PROMPT
Return, word for word, only the lines of the data below that lie between the line with "pub low_a : a < num" and the line with "pub avail_idx : s'.avail_idx ≡ s.avail_idx", those two lines included.

(Data items)

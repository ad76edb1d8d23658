-- ===== src/Virtio/Marks.antt =====
-- The free marks of the descriptors: a search for a free one, and marks that are taken and given back.
use cs202_lab.Prelude.{
  ℕ, zero, suc, ◌+◌, ◌<◌, ◌≤◌, ◌≡◌, ◌≢◌, ◌⊎◌, inl, inr, refl, sym, ap, ◌∙◌, Bool, true, false, List,
  [], ◌∷◌, ◌==◌, ◌||◌, leb, Option, none, some, if◌then◌else◌, arith, Bool-cases,
}
use cs202_lab.Virtio.{num, Driver, store, find_free, freed, free_desc, empty_desc}

-- A search of `n` descriptors from `i` on.
abbrev pub Found : ℕ → ℕ → (ℕ → Bool) → Option ℕ → Type 0
Found n i free none = (j : ℕ) → i ≤ j → j < i + n → free j ≡ false
Found n i free (some j) = (free j ≡ true) × (j < i + n)

pub find_free-Found : (n i : ℕ) (free : ℕ → Bool) → Found n i free (find_free n i free)
unfolding find_free
find_free-Found zero i free = λ j le lt. absurd (omega arith)
find_free-Found (suc n) i free = elim (Bool-cases (free i)) [
  | inl h ↦ rw h (h, omega arith)
  | inr h ↦ rw h (later h (find_free n (suc i) free) (find_free-Found n (suc i) free))
]
  where
    later : free i ≡ false → (o : Option ℕ) → Found n (suc i) free o → Found (suc n) i free o
    later free_here none f = λ j le lt. elim (Bool-cases (j == i)) [
      | inl e ↦ let e' : j ≡ i = ground arith in ap free e' ∙ free_here
      | inr ne ↦ f j (ground arith) (omega arith)
    ]
    later free_here (some j) (h, lt) = (h, omega arith)

-- One of three.
abbrev pub among : ℕ → ℕ → ℕ → ℕ → Bool
among i0 i1 i2 i = (i == i0) || (i == i1) || (i == i2)

pub store_three :
    {A : Type 0} (i0 i1 i2 i : ℕ) (x : A) (f : ℕ → A)
    → store i2 x (store i1 x (store i0 x f)) i ≡ (if among i0 i1 i2 i then x else f i)
store_three i0 i1 i2 i x f = elim (Bool-cases (i == i2)) [
  | inl h ↦ elim (Bool-cases (i == i1)) [
    | inl g ↦ elim (Bool-cases (i == i0)) [ inl k ↦ rw (h, g, k) refl | inr k ↦ rw (h, g, k) refl ]
    | inr g ↦ elim (Bool-cases (i == i0)) [ inl k ↦ rw (h, g, k) refl | inr k ↦ rw (h, g, k) refl ]
  ]
  | inr h ↦ elim (Bool-cases (i == i1)) [
    | inl g ↦ elim (Bool-cases (i == i0)) [ inl k ↦ rw (h, g, k) refl | inr k ↦ rw (h, g, k) refl ]
    | inr g ↦ elim (Bool-cases (i == i0)) [ inl k ↦ rw (h, g, k) refl | inr k ↦ rw (h, g, k) refl ]
  ]
]

-- Three different descriptors that are free.
pub record Trio (s : Driver) (a b c : ℕ) : Type 0 where
  pub low_a : a < num
  pub low_b : b < num
  pub low_c : c < num
  pub free_a : s.free a ≡ true
  pub free_b : s.free b ≡ true
  pub free_c : s.free c ≡ true
  pub ne_ab : a ≢ b
  pub ne_ac : a ≢ c
  pub ne_bc : b ≢ c

-- The driver once these are taken.
abbrev pub taken : ℕ → ℕ → ℕ → Driver → Driver
taken a b c s = record s { free = store c false (store b false (store a false s.free)) }

-- Nothing is taken, and only descriptors that are free have been cleared.
pub record IsBack (s s' : Driver) : Type 0 where
  pub marks : (i : ℕ) → s'.free i ≡ s.free i
  pub descs : (i : ℕ) → s.free i ≡ false → s'.desc i ≡ s.desc i
  pub busy : s'.busy ≡ s.busy
  pub info : s'.info ≡ s.info
  pub avail_idx : s'.avail_idx ≡ s.avail_idx

-- What `alloc3_desc` does: three free descriptors are taken, or there are no three.
abbrev pub Alloced : Driver → Option (Option (List ℕ) × Driver) → Type 0
Alloced s none = ⊥
Alloced s (some (none, s')) = ((a b c : ℕ) → ¬ (Trio s a b c)) × IsBack s s'
Alloced s (some (some idx, s')) =
    (a : ℕ) × (b : ℕ) × (c : ℕ) × Trio s a b c × (idx ≡ a ∷ b ∷ c ∷ []) × (s' ≡ taken a b c s)

-- `free_desc` of a descriptor in use.
pub free_desc_taken :
    (i : ℕ) (s : Driver) → i < num → s.free i ≡ false → free_desc i s ≡ some (freed i s)
unfolding free_desc
free_desc_taken i s lt h = let low : leb num i ≡ false = ground arith in rw (low, h) refl

pub stays-IsBack : (s : Driver) → IsBack s s
stays-IsBack s = record {
  marks = λ i. refl;
  descs = λ i h. refl;
  busy = refl;
  info = refl;
  avail_idx = refl;
}

-- What is still free was so before.
pub still_free :
    (i j : ℕ) (free : ℕ → Bool) → store i false free j ≡ true → (i ≢ j) × (free j ≡ true)
still_free i j free h = elim (Bool-cases (j == i)) [
  | inl e ↦ let z = rw e at h in absurd (ground arith)
  | inr ne ↦ ((λ e. ground arith), rw ne at h)
]

-- What is not free any more has been taken, or was not free.
pub gone : (i j : ℕ) (free : ℕ → Bool) → store i false free j ≡ false → free j ≡ true → j ≡ i
gone i j free h g = elim (Bool-cases (j == i)) [
  | inl e ↦ ground arith
  | inr ne ↦ let z = rw ne at h in absurd (ground arith)
]

-- A descriptor that was taken is given back.
pub given_back :
    (i j : ℕ) (free free' : ℕ → Bool)
    → free i ≡ true
    → ((j ≡ i) ⊎ (free' j ≡ free j))
    → store i true free' j ≡ free j
given_back i j free free' h (inl e) =
    rw e (let self : (i == i) ≡ true = ground arith in rw self (sym h))
given_back i j free free' h (inr e) = elim (Bool-cases (j == i)) [
  | inl z ↦ let at : j ≡ i = ground arith in rw z (sym h ∙ sym (ap free at))
  | inr z ↦ rw z e
]

pub store_cases : {A : Type 0} (i j : ℕ) (x : A) (f : ℕ → A) → (j ≡ i) ⊎ (store i x f j ≡ f j)
store_cases i j x f = elim (Bool-cases (j == i)) [
  | inl e ↦ inl (ground arith)
  | inr e ↦ inr (rw e refl)
]

pub store_ne : {A : Type 0} (i j : ℕ) (x : A) (f : ℕ → A) → j ≢ i → store i x f j ≡ f j
store_ne i j x f ne = let other : (j == i) ≡ false = ground arith in rw other refl

pub store_self : {A : Type 0} (i : ℕ) (x : A) (f : ℕ → A) → store i x f i ≡ x
store_self i x f = let self : (i == i) ≡ true = ground arith in rw self refl

abbrev pub after : ℕ → Driver → Driver
after i s = record s { free = store i false s.free }

pub only_two :
    (a b i : ℕ) (free : ℕ → Bool)
    → store b false (store a false free) i ≡ false
    → free i ≡ true
    → (i ≡ a) ⊎ (i ≡ b)
only_two a b i free h g = elim (Bool-cases (i == b)) [
  | inl e ↦ inr (ground arith)
  | inr e ↦ inl (gone a i free (rw e at h) g)
]

pub two-IsBack :
    (a b : ℕ) (s : Driver)
    → s.free a ≡ true
    → s.free b ≡ true
    → IsBack s (freed b (freed a (after b (after a s))))
two-IsBack a b s fa fb = record {
  marks = λ i. elim (Bool-cases (i == b)) [
    | inl e ↦ let at : i ≡ b = ground arith in rw e (sym fb ∙ sym (ap s.free at))
    | inr e ↦ elim (Bool-cases (i == a)) [
      | inl z ↦ let at : i ≡ a = ground arith in rw (e, z) (sym fa ∙ sym (ap s.free at))
      | inr z ↦ rw (e, z) refl
    ]
  ];
  descs = λ i g.
      store_ne b i empty_desc (store a empty_desc s.desc) (λ e. kept (ap s.free e ∙ fb) g)
      ∙ store_ne a i empty_desc s.desc (λ e. kept (ap s.free e ∙ fa) g);
  busy = refl;
  info = refl;
  avail_idx = refl;
}
  where
    kept : {x : Bool} → x ≡ true → x ≡ false → ⊥
    kept h g = ground arith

THE COMPLETED TASK
  pub low_a : a < num
  pub low_b : b < num
  pub low_c : c < num
  pub free_a : s.free a ≡ true
  pub free_b : s.free b ≡ true
  pub free_c : s.free c ≡ true
  pub ne_ab : a ≢ b
  pub ne_ac : a ≢ c
  pub ne_bc : b ≢ c

-- The driver once these are taken.
abbrev pub taken : ℕ → ℕ → ℕ → Driver → Driver
taken a b c s = record s { free = store c false (store b false (store a false s.free)) }

-- Nothing is taken, and only descriptors that are free have been cleared.
pub record IsBack (s s' : Driver) : Type 0 where
  pub marks : (i : ℕ) → s'.free i ≡ s.free i
  pub descs : (i : ℕ) → s.free i ≡ false → s'.desc i ≡ s.desc i
  pub busy : s'.busy ≡ s.busy
  pub info : s'.info ≡ s.info
  pub avail_idx : s'.avail_idx ≡ s.avail_idx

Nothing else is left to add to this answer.